Not to make assumptions about available monies, but disk space amounts to pennies, these days. And no, Omnisphere is not cheap. Although, in terms of it's size and flexibility it's value proposition makes it relatively cheap (imo).

Anyway, my suggestion was in context of somebody having fallen out of love with a 2000 quid synth. In that respect (presuming it actually would breathe new life into the Prophet and thus making good on your already considerable investment), I still think it's a good idea. The Prophet would make an excellent hybrid (as in MIDI + full, independant synth) controller, especially with Omnisphere's tight integration. It would be much tougher to recommend an Omnisphere owner to buy the Prophet as a controller, but the reverse is an easier sell. 

Still, it's not the only option. There are tons of other synths (hard and soft) that might give you what you are looking for.
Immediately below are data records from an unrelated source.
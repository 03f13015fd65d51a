-- ===== src/Api/Routes/Reloads.antt =====
-- Which calls reload the page when the server says 401.
use kafka_ui.Base.{
  ◌≡◌, ◌≢◌, refl, sym, ap, ◌∙◌, ◌↔◌, Bool, true, false, not, ◌&&◌, Option, none, some, List, [],
  ◌∷◌, arith, Text, codes, starts_with, Option-cases, Bool-cases, ◌==◌, inl, inr,
}
use kafka_ui.Api.Errors.{Thrown, resolved, rejected}
use kafka_ui.Api.Encode.{encode_uri_component}
use kafka_ui.Api.Request.{
  Json, unparsable, null_value, value, Outcome, Response, Reply, failed, replied, request, is_ok,
}
use kafka_ui.Api.Routes.{
  join, with_encoded, in_cluster, segments, Call, overview, clusters_list, brokers_list,
  topics_list, topics_details, topics_delete, topics_create, messages_browse, messages_produce,
  groups_list, groups_details, groups_reset, schemas_list, schemas_details, schemas_delete,
  schemas_create, connect_list, connect_details, connect_delete, connect_restart, connect_pause,
  connect_resume, connect_create, connect_update, ksql_execute, ksql_info, acl_list, acl_create,
  acl_delete, users_list, users_create, users_delete, metrics_get, cel_validate, auth_status,
  auth_me, auth_logout, auth_permissions, auth_login, admin_clusters, admin_add, admin_update,
  admin_delete, admin_test, admin_users, admin_user, admin_delete_user, admin_roles,
}

abbrev pub is_login : Call → Bool
is_login (auth_login d) = true
is_login _ = false

abbrev pub login_path : Text
login_path = codes "/auth/login"

Starts : Bool → Option (List Text) → Type 0
Starts b none = Unit
Starts b (some ss) = starts_with (join ss) login_path ≡ b

encoded-Starts :
    (name : Text) (parts : Text → List Text)
    → ((e : Text) → starts_with (join (parts e)) login_path ≡ false)
    → Starts false (with_encoded name parts)
unfolding Starts
encoded-Starts name parts h = elim (Option-cases (encode_uri_component name)) [
  | inl throws ↦ rw (throws, Starts) tt
  | inr (e, done) ↦ rw (done, Starts) (h e)
]

segments-Starts : (c : Call) → Starts (is_login c) (segments c)
unfolding segments Starts starts_with
segments-Starts overview = refl
segments-Starts clusters_list = refl
segments-Starts (brokers_list c) = refl
segments-Starts (topics_list c) = refl
segments-Starts (topics_details c t) = refl
segments-Starts (topics_delete c t) = refl
segments-Starts (topics_create c d) = refl
segments-Starts (messages_browse c t) = refl
segments-Starts (messages_produce c t d) = refl
segments-Starts (groups_list c) = refl
segments-Starts (groups_details c n) =
    encoded-Starts n (λ e. in_cluster c (codes "consumer-groups" ∷ e ∷ [])) (λ e. refl)
segments-Starts (groups_reset c n d) =
    encoded-Starts n (λ e. in_cluster c (codes "consumer-groups" ∷ e ∷ codes "reset" ∷ []))
      (λ e. refl)
segments-Starts (schemas_list c) = refl
segments-Starts (schemas_details c n) =
    encoded-Starts n (λ e. in_cluster c (codes "schemas" ∷ e ∷ [])) (λ e. refl)
segments-Starts (schemas_delete c n) =
    encoded-Starts n (λ e. in_cluster c (codes "schemas" ∷ e ∷ [])) (λ e. refl)
segments-Starts (schemas_create c d) = refl
segments-Starts (connect_list c) = refl
segments-Starts (connect_details c n) =
    encoded-Starts n (λ e. in_cluster c (codes "connectors" ∷ e ∷ [])) (λ e. refl)
segments-Starts (connect_delete c n) =
    encoded-Starts n (λ e. in_cluster c (codes "connectors" ∷ e ∷ [])) (λ e. refl)
segments-Starts (connect_restart c n) =
    encoded-Starts n (λ e. in_cluster c (codes "connectors" ∷ e ∷ codes "restart" ∷ [])) (λ e. refl)
segments-Starts (connect_pause c n) =
    encoded-Starts n (λ e. in_cluster c (codes "connectors" ∷ e ∷ codes "pause" ∷ [])) (λ e. refl)
segments-Starts (connect_resume c n) =
    encoded-Starts n (λ e. in_cluster c (codes "connectors" ∷ e ∷ codes "resume" ∷ [])) (λ e. refl)
segments-Starts (connect_create c d) = refl
segments-Starts (connect_update c n d) =
    encoded-Starts n (λ e. in_cluster c (codes "connectors" ∷ e ∷ [])) (λ e. refl)
segments-Starts (ksql_execute c d) = refl
segments-Starts (ksql_info c) = refl
segments-Starts (acl_list c) = refl
segments-Starts (acl_create c d) = refl
segments-Starts (acl_delete c d) = refl
segments-Starts (users_list c) = refl
segments-Starts (users_create c d) = refl
segments-Starts (users_delete c d) = refl
segments-Starts (metrics_get c) = refl
segments-Starts (cel_validate x) = refl
segments-Starts auth_status = refl
segments-Starts auth_me = refl
segments-Starts auth_logout = refl
segments-Starts auth_permissions = refl
segments-Starts (auth_login d) = refl
segments-Starts admin_clusters = refl
segments-Starts (admin_add d v) = refl
segments-Starts (admin_update n d v) =
    encoded-Starts n (λ e. codes "admin" ∷ codes "clusters" ∷ e ∷ []) (λ e. refl)
segments-Starts (admin_delete n) =
    encoded-Starts n (λ e. codes "admin" ∷ codes "clusters" ∷ e ∷ []) (λ e. refl)
segments-Starts (admin_test d) = refl
segments-Starts admin_users = refl
segments-Starts (admin_user n) =
    encoded-Starts n (λ e. codes "admin" ∷ codes "users" ∷ e ∷ []) (λ e. refl)
segments-Starts (admin_delete_user n) =
    encoded-Starts n (λ e. codes "admin" ∷ codes "users" ∷ e ∷ []) (λ e. refl)
segments-Starts (admin_roles n d) =
    encoded-Starts n (λ e. codes "admin" ∷ codes "users" ∷ e ∷ codes "roles" ∷ []) (λ e. refl)

replied-inj : (r q : Response) → replied r ≡ replied q → r ≡ q
replied-inj r q h = cc

unfailed : (e : Thrown) (r : Response) → failed e ≢ replied r
unfailed e r h = cc

parsed-reloads :
    (j : Json)
    → (Outcome.reloads (elim j [
      | unparsable e ↦ record { result = rejected e; reloads = false }
      | null_value ↦ record { result = resolved null_value; reloads = false }
      | value error ↦ record { result = resolved (value error); reloads = false }
    ]))
      ≡ false
parsed-reloads (unparsable e) = refl
parsed-reloads null_value = refl
parsed-reloads (value error) = refl

some-Starts :
    (b : Bool) (ss : List Text) → Starts b (some ss) → starts_with (join ss) login_path ≡ b
unfolding Starts
some-Starts b ss h = h

request-reloads :
    (null_error : Thrown) (path : Text) (r : Response)
    → (request null_error path (replied r)).reloads
      ≡ (not (is_ok r) && (r.status == 401 && not (starts_with path login_path)))
unfolding request
request-reloads null_error path r = elim (Bool-cases (is_ok r)) [
  | inl ok ↦ rw (ok, request) (parsed-reloads r.json)
  | inr bad ↦ elim (Bool-cases (r.status == 401 && not (starts_with path login_path))) [
    | inl here ↦ rw (bad, request, here) refl
    | inr other ↦ rw (bad, request, other) refl
  ]
]

unauthorized :
    (r : Response) (b : Bool)
    → ((not (is_ok r) && (r.status == 401 && not b)) ≡ true) ↔ ((b ≡ false) × (r.status ≡ 401))
unauthorized r b = ground arith

-- A 401 reloads the page after every call but the login itself; nothing else reloads it.
pub request-reloads_iff :
    (null_error : Thrown) (c : Call) (ss : List Text) (reply : Reply)
    → segments c ≡ some ss
    → ((request null_error (join ss) reply).reloads ≡ true)
      ↔ ((is_login c ≡ false) × ((r : Response) × (reply ≡ replied r) × (r.status ≡ 401)))
request-reloads_iff null_error c ss (failed e) at =
    (unfold request in (λ h. cc), λ (_, (r, h, _)). absurd (unfailed e r h))
request-reloads_iff null_error c ss (replied r) at =
    let login = some-Starts (is_login c) ss (rw at at (segments-Starts c)) in
    let known =
      request-reloads null_error (join ss) r
      ∙ ap (λ b. not (is_ok r) && (r.status == 401 && not b)) login in
    let (there, back) = unauthorized r (is_login c) in
    (
      λ h. let (no_login, is_401) = there (sym known ∙ h) in (no_login, (r, refl, is_401)),
      λ (no_login, (q, same, is_401)).
          known ∙ back (no_login, ap (λ x. x.status) (replied-inj r q same) ∙ is_401),
    )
Perhaps you'd also want to consider selling the DSI. You might find a decent Master keyboard and a couple of synths to be more inspirational. Maybe look into the MPE options that are available (controller and synth).


----------



## Marcus Millfield (Dec 11, 2020)

@el-bo : good points all. I think I really need to think about what I want out of the/a synth and go from there. Thanks for the insights.


----------



## pmcrockett (Dec 11, 2020)

Have you tried making any music using only the synth? Doing a single-synth-only project forces you to think creatively and explore because you don't have other sound sources to fall back on for the elements you normally wouldn't use the synth for. And that goes doubly if the project is in a genre you wouldn't normally use the synth for.


----------



## el-bo (Dec 11, 2020)

Marcus Millfield said:


> @el-bo : good points all. I think I really need to think about what I want out of the/a synth and go from there. Thanks for the insights.



You're welcome, dude. 

Also, maybe download some free synths. Seems to be a lot of great stuff, out there. And that way, you can experiment with different synthesis and get a better idea of what you might be looking for.\\Have fun


----------



## Marcus Millfield (Dec 11, 2020)

pmcrockett said:


> Have you tried making any music using only the synth? Doing a single-synth-only project forces you to think creatively and explore because you don't have other sound sources to fall back on for the elements you normally wouldn't use the synth for. And that goes doubly if the project is in a genre you wouldn't normally use the synth for.


Yes I did and although it's a great idea, I get frustrated at how limited my imagination is how use a synth for the stuff I make. It's like the only things that come out are acid/techno/trance type stuff, ambient or 80's synthwave. Those genres, apart from ambient, aren't my thing to create.


----------



## Marcus Millfield (Dec 11, 2020)

Dear synth,

I know our relationship has been on edge lately. I've been neglecting of your oscillators and what your filters want out of this relationship.

Although I'm trying, I'm struggling with you in my life. Just know one thing: it's my input, not your output.

Much love,

Mark


----------